**Task details:** Go through the lines below and copy each one that holds the string "Option".

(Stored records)
-- ===== src/Schedule/Firing/Once.antt =====
-- A fire moves the schedule past now.
use mathlib.Core.List.{Memᴰ}
use agent_runs.Base.{
  ℕ, ◌≤◌, ◌<◌, max, String, ◌≡◌, Bool, true, false, none, some, arith, Option-cases, inl, inr, ok,
  >>=-eq-ok, All-self,
}
use agent_runs.Run.Store.{RunRecord}
use agent_runs.Run.Starts.{start_run}
use agent_runs.Schedule.Cadence.{looked_up, buckets, next_fire_at, Cron}
use agent_runs.Schedule.Rows.{ScheduleRow}
use agent_runs.Schedule.Store.{World, put_schedule, is_due, arm, fired_row}
use agent_runs.Schedule.Firing.{Planner, Fired, queued_run, fire_start, fire_at, fire_due}
use agent_runs.Schedule.Firing.Served.{fire_due-cases, claim_due-due}

-- What the cron library documents: the next occurrence lies strictly after the instant.
abbrev pub Advances : Cron → Type 0
Advances cron =
    (expression : String) (after : ℕ) (timezone : String)
    → after < cron.next_occurrence expression after timezone

fired_row-not_due :
    (w : World) (row : ScheduleRow) (fire_time : ℕ) (run : String) (now later : ℕ)
    → Advances w.cron
    → later ≤ max fire_time now
    → is_due later (fired_row w row fire_time run now) ≡ false
unfolding is_due fired_row arm next_fire_at
fired_row-not_due w row fire_time run now later advances soon =
    elim (Option-cases (looked_up buckets row.spec.cadence)) [
      | inl manual ↦ ground arith
      | inr (expression, fires) ↦
          ground (arith, advances expression (max fire_time now) row.spec.timezone)
    ]

pub queued_parts :
    (w : World) (run : String) (row : ScheduleRow) (fire_time now : ℕ) (p p' : Planner)
    {fired : Fired}
    → fire_at w run none row fire_time now p ≡ ok (fired, p')
    → (made : RunRecord) × (created : Bool) × (start_run
          (fire_start w.formats run row fire_time)
          true
          now
          false
          p.db
        ≡ ok ((made, created), p'.db))
      × (fired ≡ queued_run made.run_id fire_time)
      × (p'.schedules ≡ put_schedule (fired_row w row fire_time made.run_id now) p.schedules)
unfolding fire_at
queued_parts w run row fire_time now p p' {fired} e =
    let (started, begun, done) =
      >>=-eq-ok (start_run (fire_start w.formats run row fire_time) true now false p.db) _ e in
    let tables : started.1 ≡ p'.db = ground arith in
    (started.0.0, started.0.1, ground (arith, begun, tables), ground arith, ground arith)

-- A ticker's fire that finds a schedule to fire fires one that is due, for the tick it is due for, and
-- its run becomes the schedule's last. Where the cron library answers instants strictly later than the
-- one it is given, that schedule is not due again at any instant up to now, nor up to the tick.
pub fire_due-once :
    (w : World) (run : String) (free : ScheduleRow → Bool) (now later : ℕ) (p p' : Planner)
    {fired : Fired}
    → Advances w.cron
    → later ≤ now
    → fire_due w run none free now p ≡ ok (some fired, p')
    → (row : ScheduleRow) × (due : ℕ) × (id : String) × Memᴰ row p.schedules
      × (is_due now row ≡ true)
      × (row.next_fire_at ≡ some due)
      × (fired ≡ queued_run id due)
      × (p'.schedules ≡ put_schedule (fired_row w row due id now) p.schedules)
      × (is_due later (fired_row w row due id now) ≡ false)
      × (is_due due (fired_row w row due id now) ≡ false)
fire_due-once w run free now later p p' {fired} advances soon e =
    elim (fire_due-cases w run none free now p p' e) [
      | inl nothing ↦ absurd (ground (arith, nothing.1))
      | inr (row, due, done, claimed, armed, said, fires) ↦
          let (member, is_now_due) =
            claim_due-due free now (λ r. Memᴰ r p.schedules) p.schedules (All-self p.schedules)
              claimed in
          let (found, created, started, queued, written) =
            queued_parts w run row due now p p' fires in
          (
            row,
            due,
            found.run_id,
            member,
            is_now_due,
            armed,
            ground (arith, said, queued),
            written,
            fired_row-not_due w row due found.run_id now later advances (omega (arith, soon)),
            fired_row-not_due w row due found.run_id now due advances (omega arith),
          )
    ]
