-- ===== src/Schedule/Firing/Again.antt =====
-- The repeat of a fire finds the run it queued.
use Prim.Native.String.{◌++◌, count}
use text.Mathlib.TextLemmas.{length-append}
use agent_runs.Base.{
  ℕ, ◌+◌, ◌≤◌, String, ◌≡◌, Bool, true, false, not, ◌||◌, none, some, List, [], ◌∷◌, arith, holds,
  ltb, str_eq, truthy, eq_iff, opt_eq_iff, Bool-cases, Option-cases, inl, inr, find_first, ok,
  >>=-eq-ok, raise_if, conflict, unprocessable, refl, ap, find_first-passes,
}
use agent_runs.Run.Rows.{RunStart, RunRow, Db}
use agent_runs.Run.Store.{RunRecord, record_of, is_run}
use agent_runs.Run.Starts.{
  new_row, has_id, has_key, taken, existing, found_by_id, found_by_key, start_run,
}
use agent_runs.Schedule.Rows.{ScheduleRow, Formats}
use agent_runs.Schedule.Store.{World, is_schedule, schedule_row, put_schedule, arm, fired_row}
use agent_runs.Schedule.Firing.{
  Planner, Fired, queued_run, idempotency_key, fire_start, fire_at, max_fire_skew, tick_of, fire,
}
use agent_runs.Schedule.Firing.Once.{queued_parts}

-- The key of a fire is not empty, so the database holds at most one run of it.
key_truthy :
    (formats : Formats) (id : String) (fire_time : ℕ)
    → truthy (some (idempotency_key formats id fire_time)) ≡ true
unfolding idempotency_key
key_truthy formats id fire_time =
    elim (Bool-cases (str_eq (id ++ ("@" ++ formats.isoformat fire_time)) "")) [
      | inl t ↦
          let empty : count (id ++ ("@" ++ formats.isoformat fire_time)) ≡ count "" =
            ap count ((eq_iff _ _).0 t) in
          let at_least : count ("@" ++ formats.isoformat fire_time)
              ≡ count "@" + count (formats.isoformat fire_time) =
            length-append "@" (formats.isoformat fire_time) in
          absurd
            (omega (arith, empty, at_least, length-append id ("@" ++ formats.isoformat fire_time)))
      | inr f ↦ ground arith
    ]

-- What a weaker test does not find, a stronger one does not.
find_first-none :
    (weak strong : RunRow → Bool) (rows : List RunRow)
    → ((r : RunRow) → strong r ≡ true → weak r ≡ true)
    → find_first weak rows ≡ none
    → find_first strong rows ≡ none
find_first-none weak strong [] sub e = refl
find_first-none weak strong (x ∷ xs) sub e =
    let rest : find_first weak xs ≡ none = ground arith in
    ground (arith, sub x, find_first-none weak strong xs sub rest)

-- A later start under a key that a run has finds it, and writes nothing.
keyed_again :
    (start : RunStart) (queue : Bool) (later : ℕ) (db : Db) {row : RunRow}
    → truthy start.idempotency_key ≡ true
    → find_first (has_key start.tenant_id start.idempotency_key) db.runs ≡ some row
    → start_run start queue later false db ≡ ok ((record_of row later, false), db)
unfolding start_run taken existing found_by_key
keyed_again start queue later db {row} key there =
    let either =
      λ (r : RunRow). has_id start.run_id r || has_key start.tenant_id start.idempotency_key r in
    elim (Option-cases (find_first either db.runs)) [
      | inl nothing ↦
          let no_key =
            find_first-none either (has_key start.tenant_id start.idempotency_key) db.runs
              (λ r t. ground arith) nothing in
          absurd (ground arith)
      | inr (r, found) ↦ ground arith
    ]

keyed_row :
    (start : RunStart) (queue : Bool) (now : ℕ)
    → truthy start.idempotency_key ≡ true
    → (rows : List RunRow)
    → find_first (has_key start.tenant_id start.idempotency_key) (new_row start queue now ∷ rows)
      ≡ some (new_row start queue now)
unfolding new_row
keyed_row start queue now key rows = ground (
  arith,
  eq_iff start.tenant_id start.tenant_id,
  opt_eq_iff start.idempotency_key start.idempotency_key,
)

-- The run a start answers can be found under its key, where its key is one and its id was free.
started_keyed :
    (start : RunStart) (queue : Bool) (now : ℕ) (db db' : Db) {made : RunRecord} {created : Bool}
    → truthy start.idempotency_key ≡ true
    → find_first (has_id start.run_id) db.runs ≡ none
    → start_run start queue now false db ≡ ok ((made, created), db')
    → (row : RunRow) × (find_first (has_key start.tenant_id start.idempotency_key) db'.runs
        ≡ some row)
      × (made ≡ record_of row now)
unfolding start_run existing found_by_id
started_keyed start queue now db db' {made} {created} key free e =
    elim (Option-cases (find_first (has_key start.tenant_id start.idempotency_key) db.runs)) [
      | inr (row, there) ↦
          let again = keyed_again start queue now db key there in
          let tables : db.runs ≡ db'.runs = ground arith in (row, rw (← tables) there, ground arith)
      | inl nothing ↦
          let no_id =
            find_first-none (has_id start.run_id) (is_run start.tenant_id start.run_id) db.runs
              (λ r t. ground arith) free in
          let row = new_row start queue now in
          let written : row ∷ db.runs ≡ db'.runs = ground arith in
          (row, rw (← written) (keyed_row start queue now key db.runs), ground arith)
    ]

-- The schedule written back is the one found again.
schedule_again :
    (tenant id : String) (r : ScheduleRow) (rows : List ScheduleRow) {row : ScheduleRow}
    → is_schedule tenant id r ≡ true
    → schedule_row tenant id rows ≡ ok row
    → schedule_row tenant id (put_schedule r rows) ≡ ok r
unfolding schedule_row put_schedule
schedule_again tenant id r [] own there = absurd (ground arith)
schedule_again tenant id r (x ∷ xs) {row} own there =
    elim (Bool-cases (str_eq x.schedule_id r.schedule_id)) [
      | inl t ↦ rw t (ground arith)
      | inr f ↦
          let other : is_schedule tenant id x ≡ false = ground (
            arith,
            eq_iff x.schedule_id id,
            eq_iff r.schedule_id id,
            eq_iff x.schedule_id r.schedule_id,
          ) in
          let later : schedule_row tenant id xs ≡ ok row = ground arith in
          rw (f, schedule_row, other) (schedule_again tenant id r xs own later)
    ]

schedule_passes :
    (tenant id : String) (rows : List ScheduleRow) {row : ScheduleRow}
    → schedule_row tenant id rows ≡ ok row
    → is_schedule tenant id row ≡ true
unfolding schedule_row
schedule_passes tenant id rows {row} e =
    let there : find_first (is_schedule tenant id) rows ≡ some row = ground arith in
    let passing = find_first-passes (is_schedule tenant id) rows there in passing

-- A fire whose start finds a run writes the schedule and nothing else.
fires_found :
    (w : World) (again tenant id : String) (fire_time later : ℕ) (p : Planner) (row : ScheduleRow)
    (made : RunRecord) {fired : Fired}
    → schedule_row tenant id p.schedules ≡ ok row
    → row.spec.enabled ≡ true
    → fire_time ≤ later + max_fire_skew
    → start_run (fire_start w.formats again row fire_time) true later false p.db
      ≡ ok ((made, false), p.db)
    → fired ≡ queued_run made.run_id fire_time
    → (p' : Planner) × (fire w again none tenant id (some fire_time) later p ≡ ok (fired, p'))
      × (p'.db ≡ p.db)
unfolding fire tick_of fire_at
fires_found w again tenant id fire_time later p row made found on near started said =
    let left : Planner = record {
      db = p.db;
      schedules = put_schedule (fired_row w row fire_time made.run_id later) p.schedules;
    } in
    let fires : fire_at w again none row fire_time later p
        ≡ ok (queued_run made.run_id fire_time, left) =
      rw started refl in
    (left, ground (arith, fires, found, on, near, said), refl)

-- A fire asked for a tick fires the schedule it names, which is enabled.
fire_parts :
    (w : World) (run tenant id : String) (fire_time now : ℕ) (p p' : Planner) {fired : Fired}
    → fire w run none tenant id (some fire_time) now p ≡ ok (fired, p')
    → (row : ScheduleRow) × (schedule_row tenant id p.schedules ≡ ok row)
      × (row.spec.enabled ≡ true)
      × (fire_time ≤ now + max_fire_skew)
      × (fire_at w run none row fire_time now p ≡ ok (fired, p'))
unfolding fire tick_of
fire_parts w run tenant id fire_time now p p' e =
    let (row, found, e1) = >>=-eq-ok (schedule_row tenant id p.schedules) _ e in
    let (u1, on, e2) = >>=-eq-ok (raise_if (not row.spec.enabled) conflict) _ e1 in
    let (u2, near, e3) =
      >>=-eq-ok (raise_if (holds (some fire_time) (λ t. ltb (now + max_fire_skew) t)) unprocessable)
        _ e2 in
    (row, found, ground arith, ground arith, e3)

-- A fire of one tick made twice, as by a caller's retry or by two tickers: the second one answers the
-- run the first one answered and leaves the tables of runs as they are, whatever id it would have
-- minted. It is asked for at the same tick, no earlier than the first, whose minted id no run had.
pub fire-fire :
    (w : World) (run again tenant id : String) (fire_time now later : ℕ) (p p' : Planner)
    {fired : Fired}
    → find_first (has_id run) p.db.runs ≡ none
    → now ≤ later
    → fire w run none tenant id (some fire_time) now p ≡ ok (fired, p')
    → (p'' : Planner) × (fire w again none tenant id (some fire_time) later p' ≡ ok (fired, p''))
      × (p''.db ≡ p'.db)
unfolding fire_start fired_row arm record_of
fire-fire w run again tenant id fire_time now later p p' {fired} free after e =
    let (row, found, on, near, fires) = fire_parts w run tenant id fire_time now p p' e in
    let (made, created, started, queued, written) =
      queued_parts w run row fire_time now p p' fires in
    let key = key_truthy w.formats row.schedule_id fire_time in
    let (first, there, same) =
      started_keyed (fire_start w.formats run row fire_time) true now p.db p'.db key free started in
    let left : ScheduleRow = fired_row w row fire_time made.run_id now in
    let own = schedule_passes tenant id p.schedules found in
    let found_again : schedule_row tenant id p'.schedules ≡ ok left =
      rw written (schedule_again tenant id left p.schedules own found) in
    let repeat =
      keyed_again (fire_start w.formats again left fire_time) true later p'.db key there in
    let said : fired ≡ queued_run first.start.run_id fire_time = ground (arith, queued, same) in
    fires_found w again tenant id fire_time later p' left (record_of first later) found_again on
      (omega (arith, near, after)) repeat said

**Answer section:**
  ℕ, ◌≤◌, ◌<◌, max, String, ◌≡◌, Bool, true, false, none, some, arith, Option-cases, inl, inr, ok,
    elim (Option-cases (looked_up buckets row.spec.cadence)) [
  ltb, str_eq, truthy, eq_iff, opt_eq_iff, Bool-cases, Option-cases, inl, inr, find_first, ok,
    elim (Option-cases (find_first either db.runs)) [
    elim (Option-cases (find_first (has_key start.tenant_id start.idempotency_key) db.runs)) [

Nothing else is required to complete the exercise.